**REQUIRED WORK**
Starting with the first line and ending with the line that holds "placeholder key = String.◌++◌", repeat the material exactly.

(EXCERPTED DATA begins)

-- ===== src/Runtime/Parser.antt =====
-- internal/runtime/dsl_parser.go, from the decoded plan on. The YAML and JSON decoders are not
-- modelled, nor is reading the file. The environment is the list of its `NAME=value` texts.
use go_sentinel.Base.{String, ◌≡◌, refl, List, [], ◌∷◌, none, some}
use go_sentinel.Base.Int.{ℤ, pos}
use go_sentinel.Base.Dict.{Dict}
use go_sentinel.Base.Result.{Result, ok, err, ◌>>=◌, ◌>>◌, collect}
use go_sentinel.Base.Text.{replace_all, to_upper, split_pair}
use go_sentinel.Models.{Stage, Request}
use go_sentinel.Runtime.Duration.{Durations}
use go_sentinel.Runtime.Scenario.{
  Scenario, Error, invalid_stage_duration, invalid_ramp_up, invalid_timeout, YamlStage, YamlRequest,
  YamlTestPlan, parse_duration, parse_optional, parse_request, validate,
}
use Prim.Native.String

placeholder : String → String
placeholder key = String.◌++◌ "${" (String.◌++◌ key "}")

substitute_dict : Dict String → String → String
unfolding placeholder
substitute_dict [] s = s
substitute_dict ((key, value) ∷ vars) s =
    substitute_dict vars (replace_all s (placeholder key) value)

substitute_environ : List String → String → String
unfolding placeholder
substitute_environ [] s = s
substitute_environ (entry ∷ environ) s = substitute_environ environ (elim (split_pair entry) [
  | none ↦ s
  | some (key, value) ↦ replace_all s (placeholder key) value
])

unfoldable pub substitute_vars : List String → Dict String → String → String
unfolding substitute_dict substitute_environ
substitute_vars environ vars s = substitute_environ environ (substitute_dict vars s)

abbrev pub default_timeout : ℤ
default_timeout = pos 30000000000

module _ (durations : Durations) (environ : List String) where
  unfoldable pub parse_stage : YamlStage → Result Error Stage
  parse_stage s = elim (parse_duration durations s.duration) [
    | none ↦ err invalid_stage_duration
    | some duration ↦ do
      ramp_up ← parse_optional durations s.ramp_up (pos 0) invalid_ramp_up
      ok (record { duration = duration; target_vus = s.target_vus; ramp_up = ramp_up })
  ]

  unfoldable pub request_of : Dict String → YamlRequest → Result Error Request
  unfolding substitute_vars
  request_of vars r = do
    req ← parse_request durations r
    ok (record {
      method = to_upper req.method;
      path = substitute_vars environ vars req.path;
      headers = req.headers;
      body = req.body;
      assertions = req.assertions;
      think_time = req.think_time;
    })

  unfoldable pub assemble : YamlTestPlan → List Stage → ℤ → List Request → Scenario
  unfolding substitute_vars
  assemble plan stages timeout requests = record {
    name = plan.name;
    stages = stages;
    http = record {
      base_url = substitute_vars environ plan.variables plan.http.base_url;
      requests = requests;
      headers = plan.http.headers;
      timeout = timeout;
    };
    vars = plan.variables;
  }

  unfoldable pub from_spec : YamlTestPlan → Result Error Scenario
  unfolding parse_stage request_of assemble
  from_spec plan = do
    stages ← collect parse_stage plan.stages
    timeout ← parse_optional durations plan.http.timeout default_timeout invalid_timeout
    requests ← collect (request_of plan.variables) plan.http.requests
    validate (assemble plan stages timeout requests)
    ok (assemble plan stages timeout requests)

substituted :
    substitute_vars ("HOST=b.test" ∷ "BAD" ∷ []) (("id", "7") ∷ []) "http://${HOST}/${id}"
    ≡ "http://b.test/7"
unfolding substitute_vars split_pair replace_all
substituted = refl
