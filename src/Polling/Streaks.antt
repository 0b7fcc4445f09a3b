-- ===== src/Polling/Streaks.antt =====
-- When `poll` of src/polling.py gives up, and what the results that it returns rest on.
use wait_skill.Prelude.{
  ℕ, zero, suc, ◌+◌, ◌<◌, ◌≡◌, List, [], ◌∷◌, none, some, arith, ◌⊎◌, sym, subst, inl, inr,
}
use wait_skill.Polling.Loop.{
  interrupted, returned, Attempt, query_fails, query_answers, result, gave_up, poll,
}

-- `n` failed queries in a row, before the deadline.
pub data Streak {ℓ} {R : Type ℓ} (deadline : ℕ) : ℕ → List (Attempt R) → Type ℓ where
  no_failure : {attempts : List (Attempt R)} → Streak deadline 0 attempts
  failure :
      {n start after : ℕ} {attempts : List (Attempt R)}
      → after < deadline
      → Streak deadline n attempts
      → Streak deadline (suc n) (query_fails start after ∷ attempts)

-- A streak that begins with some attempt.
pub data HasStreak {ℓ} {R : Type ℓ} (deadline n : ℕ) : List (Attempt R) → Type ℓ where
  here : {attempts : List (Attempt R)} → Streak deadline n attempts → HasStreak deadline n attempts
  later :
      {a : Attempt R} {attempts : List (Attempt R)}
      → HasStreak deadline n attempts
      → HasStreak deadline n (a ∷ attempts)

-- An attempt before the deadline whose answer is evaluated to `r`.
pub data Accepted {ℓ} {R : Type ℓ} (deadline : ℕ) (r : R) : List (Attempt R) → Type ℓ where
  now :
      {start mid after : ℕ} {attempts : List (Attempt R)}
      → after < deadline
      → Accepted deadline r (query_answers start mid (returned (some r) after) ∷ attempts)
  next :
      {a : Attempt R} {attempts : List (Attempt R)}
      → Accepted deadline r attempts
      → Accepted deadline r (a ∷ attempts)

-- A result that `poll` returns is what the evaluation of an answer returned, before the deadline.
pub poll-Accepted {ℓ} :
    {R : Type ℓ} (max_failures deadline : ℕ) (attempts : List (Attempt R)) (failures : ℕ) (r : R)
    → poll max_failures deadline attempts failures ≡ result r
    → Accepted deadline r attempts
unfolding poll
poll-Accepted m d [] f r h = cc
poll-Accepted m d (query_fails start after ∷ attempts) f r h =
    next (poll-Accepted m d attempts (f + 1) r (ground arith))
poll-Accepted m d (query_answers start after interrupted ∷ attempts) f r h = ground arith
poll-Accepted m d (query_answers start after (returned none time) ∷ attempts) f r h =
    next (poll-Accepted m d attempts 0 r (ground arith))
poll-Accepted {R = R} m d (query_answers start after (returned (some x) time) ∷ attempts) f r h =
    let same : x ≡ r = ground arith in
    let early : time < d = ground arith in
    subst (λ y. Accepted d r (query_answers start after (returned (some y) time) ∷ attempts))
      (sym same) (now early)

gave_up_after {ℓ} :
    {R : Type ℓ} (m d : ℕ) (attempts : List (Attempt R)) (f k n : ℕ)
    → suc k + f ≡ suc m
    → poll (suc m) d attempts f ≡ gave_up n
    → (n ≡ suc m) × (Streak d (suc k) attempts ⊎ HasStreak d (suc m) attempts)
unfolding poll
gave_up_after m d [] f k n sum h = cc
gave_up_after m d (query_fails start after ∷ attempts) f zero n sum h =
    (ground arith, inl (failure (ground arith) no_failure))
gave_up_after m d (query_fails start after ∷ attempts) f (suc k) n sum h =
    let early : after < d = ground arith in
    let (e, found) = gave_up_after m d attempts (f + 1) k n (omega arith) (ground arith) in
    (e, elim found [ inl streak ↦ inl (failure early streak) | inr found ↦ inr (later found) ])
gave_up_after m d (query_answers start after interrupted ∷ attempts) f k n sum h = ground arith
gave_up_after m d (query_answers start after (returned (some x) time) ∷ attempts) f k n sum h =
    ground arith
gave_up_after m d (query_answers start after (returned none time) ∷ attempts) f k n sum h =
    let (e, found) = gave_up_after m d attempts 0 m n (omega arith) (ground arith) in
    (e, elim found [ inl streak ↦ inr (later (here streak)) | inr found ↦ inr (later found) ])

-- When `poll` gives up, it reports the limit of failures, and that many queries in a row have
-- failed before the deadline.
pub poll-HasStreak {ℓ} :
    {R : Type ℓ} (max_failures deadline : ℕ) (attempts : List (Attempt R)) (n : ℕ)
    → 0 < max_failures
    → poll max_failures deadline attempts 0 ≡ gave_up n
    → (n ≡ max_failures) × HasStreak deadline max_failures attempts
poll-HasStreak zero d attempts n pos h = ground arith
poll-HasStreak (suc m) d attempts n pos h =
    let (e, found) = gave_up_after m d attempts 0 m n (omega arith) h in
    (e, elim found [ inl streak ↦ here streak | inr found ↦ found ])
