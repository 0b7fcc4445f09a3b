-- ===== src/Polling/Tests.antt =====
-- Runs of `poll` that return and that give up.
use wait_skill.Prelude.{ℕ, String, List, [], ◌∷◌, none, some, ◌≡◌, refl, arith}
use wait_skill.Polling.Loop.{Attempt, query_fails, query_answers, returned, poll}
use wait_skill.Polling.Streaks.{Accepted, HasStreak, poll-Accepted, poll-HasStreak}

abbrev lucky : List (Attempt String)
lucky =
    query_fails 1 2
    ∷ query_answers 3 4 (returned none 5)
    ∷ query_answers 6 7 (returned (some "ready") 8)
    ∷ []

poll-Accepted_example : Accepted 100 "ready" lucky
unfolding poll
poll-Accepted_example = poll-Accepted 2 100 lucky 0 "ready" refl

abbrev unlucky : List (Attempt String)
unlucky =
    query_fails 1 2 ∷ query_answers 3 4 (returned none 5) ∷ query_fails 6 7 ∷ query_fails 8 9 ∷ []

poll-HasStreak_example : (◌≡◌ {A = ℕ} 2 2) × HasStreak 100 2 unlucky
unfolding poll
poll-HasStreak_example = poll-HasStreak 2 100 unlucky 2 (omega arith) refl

(EXCERPTED DATA ends)

**EXERCISE RESULT**
-- ===== src/Runtime/Parser.antt =====
-- internal/runtime/dsl_parser.go, from the decoded plan on. The YAML and JSON decoders are not
-- modelled, nor is reading the file. The environment is the list of its `NAME=value` texts.
use go_sentinel.Base.{String, ◌≡◌, refl, List, [], ◌∷◌, none, some}
use go_sentinel.Base.Int.{ℤ, pos}
use go_sentinel.Base.Dict.{Dict}
use go_sentinel.Base.Result.{Result, ok, err, ◌>>=◌, ◌>>◌, collect}
use go_sentinel.Base.Text.{replace_all, to_upper, split_pair}
use go_sentinel.Models.{Stage, Request}
use go_sentinel.Runtime.Duration.{Durations}
use go_sentinel.Runtime.Scenario.{
  Scenario, Error, invalid_stage_duration, invalid_ramp_up, invalid_timeout, YamlStage, YamlRequest,
  YamlTestPlan, parse_duration, parse_optional, parse_request, validate,
}
use Prim.Native.String

placeholder : String → String
placeholder key = String.◌++◌ "${" (String.◌++◌ key "}")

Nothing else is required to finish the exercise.